» Problem to solve: Among the entries below, please repeat exactly and only the lines from the line containing "add_prio-nonempty_lower p i [] h = refl" to the line containing "k ≡ some xs", both lines included.

» Data for the task:
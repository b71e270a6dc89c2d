-- ===== src/PriorityQueue/Priorities.antt =====
-- PriorityQueue.h: the set of the priorities that have elements, as the list of them in order.
use openbookfs.Prelude.{replicate, length}
use openbookfs.Prelude.{
  ℕ, zero, suc, ◌+◌, ◌<◌, ◌≡◌, refl, sym, ap, ◌∙◌, List, [], ◌∷◌, ◌++◌, some, arith, ltb, lt→ltb,
  ge→ltb, if◌then◌else◌, get_elem?, set, take,
}

-- std::set<int>::insert
unfoldable pub add_prio : ℕ → List ℕ → List ℕ
add_prio p [] = p ∷ []
add_prio p (q ∷ qs) =
    let later = q ∷ add_prio p qs in
    if ltb p q then p ∷ q ∷ qs else if ltb q p then later else q ∷ qs

add_prio-later : (p q : ℕ) (qs : List ℕ) → q < p → add_prio p (q ∷ qs) ≡ q ∷ add_prio p qs
unfolding add_prio
add_prio-later p q qs h = rw (ge→ltb p q (omega arith), lt→ltb q p h) refl

add_prio-same : (p : ℕ) (qs : List ℕ) → add_prio p (p ∷ qs) ≡ p ∷ qs
unfolding add_prio
add_prio-same p qs = rw (ge→ltb p p (omega arith)) refl

head_eq : (a b : ℕ) (xs ys : List ℕ) → a ∷ xs ≡ b ∷ ys → a ≡ b
head_eq a b xs ys e = cc

tail_eq : (a b : ℕ) (xs ys : List ℕ) → a ∷ xs ≡ b ∷ ys → xs ≡ ys
tail_eq a b xs ys e = cc

-- Where the lists with elements stand, counted from i.
module _ {T : Type 0} where
  abbrev pub nonempty : ℕ → List (List T) → List ℕ
  nonempty i [] = []
  nonempty i ([] ∷ xss) = nonempty (suc i) xss
  nonempty i ((x ∷ xs) ∷ xss) = i ∷ nonempty (suc i) xss

  add_prio-nonempty_lower :
      (p i : ℕ) (xss : List (List T)) → p < i → add_prio p (nonempty i xss) ≡ p ∷ nonempty i xss
  unfolding add_prio
  add_prio-nonempty_lower p i [] h = refl
  add_prio-nonempty_lower p i ([] ∷ xss) h = add_prio-nonempty_lower p (suc i) xss (omega arith)
  add_prio-nonempty_lower p i ((x ∷ xs) ∷ xss) h = rw (lt→ltb p i h) refl

  nonempty_filled :
      (i : ℕ) (xs : List T) (x : T) (xss : List (List T))
      → nonempty i ((xs ++ (x ∷ [])) ∷ xss) ≡ i ∷ nonempty (suc i) xss
  nonempty_filled i [] x xss = refl
  nonempty_filled i (y ∷ ys) x xss = refl

  -- An element more in one list puts that place into the set.
  pub add_prio-nonempty :
      (p i k : ℕ) (xss : List (List T)) (xs : List T) (x : T)
      → p ≡ i + k
      → get_elem? xss k ≡ some xs
      → add_prio p (nonempty i xss) ≡ nonempty i (set xss k (xs ++ (x ∷ [])))
  add_prio-nonempty p i k [] xs x e h = absurd cc
  add_prio-nonempty p i zero ([] ∷ xss) xs x e h =
      add_prio-nonempty_lower p (suc i) xss (omega arith)
      ∙ ap (λ q. q ∷ nonempty (suc i) xss) (omega arith)
      ∙ sym (nonempty_filled i xs x xss)
  add_prio-nonempty p i zero ((y ∷ ys) ∷ xss) xs x e h =
      ap (λ q. add_prio q (i ∷ nonempty (suc i) xss)) (omega arith)
      ∙ add_prio-same i (nonempty (suc i) xss)
      ∙ sym (nonempty_filled i xs x xss)
  add_prio-nonempty p i (suc k) ([] ∷ xss) xs x e h =
      add_prio-nonempty p (suc i) k xss xs x (omega arith) h
  add_prio-nonempty p i (suc k) ((y ∷ ys) ∷ xss) xs x e h =
      add_prio-later p i (nonempty (suc i) xss) (omega arith)
      ∙ ap (λ l. i ∷ l) (add_prio-nonempty p (suc i) k xss xs x (omega arith) h)

  -- What the set does when the place goes that has no elements any more.
  abbrev pub without : List T → ℕ → List ℕ → List ℕ
  without [] p ps = ps
  without (x ∷ xs) p ps = p ∷ ps

  -- The first place of the set has the first list with elements; every list before it is empty.
  abbrev pub FirstAt : ℕ → List (List T) → ℕ → List ℕ → Type 0
  FirstAt i xss p ps =
      (k : ℕ) × (x : T) × (xs : List T) × (p ≡ i + k)
      × (get_elem? xss k ≡ some (x ∷ xs))
      × (take k xss ≡ replicate k [])
      × (without xs p ps ≡ nonempty i (set xss k xs))

  pub nonempty-FirstAt :
      (i : ℕ) (xss : List (List T)) (p : ℕ) (ps : List ℕ)
      → nonempty i xss ≡ p ∷ ps
      → FirstAt i xss p ps
  nonempty-FirstAt i [] p ps h = absurd cc
  nonempty-FirstAt i ([] ∷ xss) p ps h =
      let r = nonempty-FirstAt (suc i) xss p ps h in
      (suc r.0, r.1, r.2, omega (arith, r.3), r.4, ap (λ l. [] ∷ l) r.5, r.6)
  nonempty-FirstAt i ((x ∷ []) ∷ xss) p ps h =
      let at = head_eq i p (nonempty (suc i) xss) ps h in
      (0, x, [], omega (arith, at), refl, refl, sym (tail_eq i p (nonempty (suc i) xss) ps h))
  nonempty-FirstAt i ((x ∷ y ∷ ys) ∷ xss) p ps h =
      let at = head_eq i p (nonempty (suc i) xss) ps h in
      (0, x, y ∷ ys, omega (arith, at), refl, refl, sym h)

  -- The set is empty when there are no elements at all.
  pub nonempty-none :
      (i : ℕ) (xss : List (List T)) → nonempty i xss ≡ [] → xss ≡ replicate (length xss) []
  nonempty-none i [] h = refl
  nonempty-none i ([] ∷ xss) h = ap (λ l. [] ∷ l) (nonempty-none (suc i) xss h)
  nonempty-none i ((x ∷ xs) ∷ xss) h = absurd cc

» Output below:
  add_prio-nonempty_lower p i [] h = refl
  add_prio-nonempty_lower p i ([] ∷ xss) h = add_prio-nonempty_lower p (suc i) xss (omega arith)
  add_prio-nonempty_lower p i ((x ∷ xs) ∷ xss) h = rw (lt→ltb p i h) refl

  nonempty_filled :
      (i : ℕ) (xs : List T) (x : T) (xss : List (List T))
      → nonempty i ((xs ++ (x ∷ [])) ∷ xss) ≡ i ∷ nonempty (suc i) xss
  nonempty_filled i [] x xss = refl
  nonempty_filled i (y ∷ ys) x xss = refl

  -- An element more in one list puts that place into the set.
  pub add_prio-nonempty :
      (p i k : ℕ) (xss : List (List T)) (xs : List T) (x : T)
      → p ≡ i + k
      → get_elem? xss k ≡ some xs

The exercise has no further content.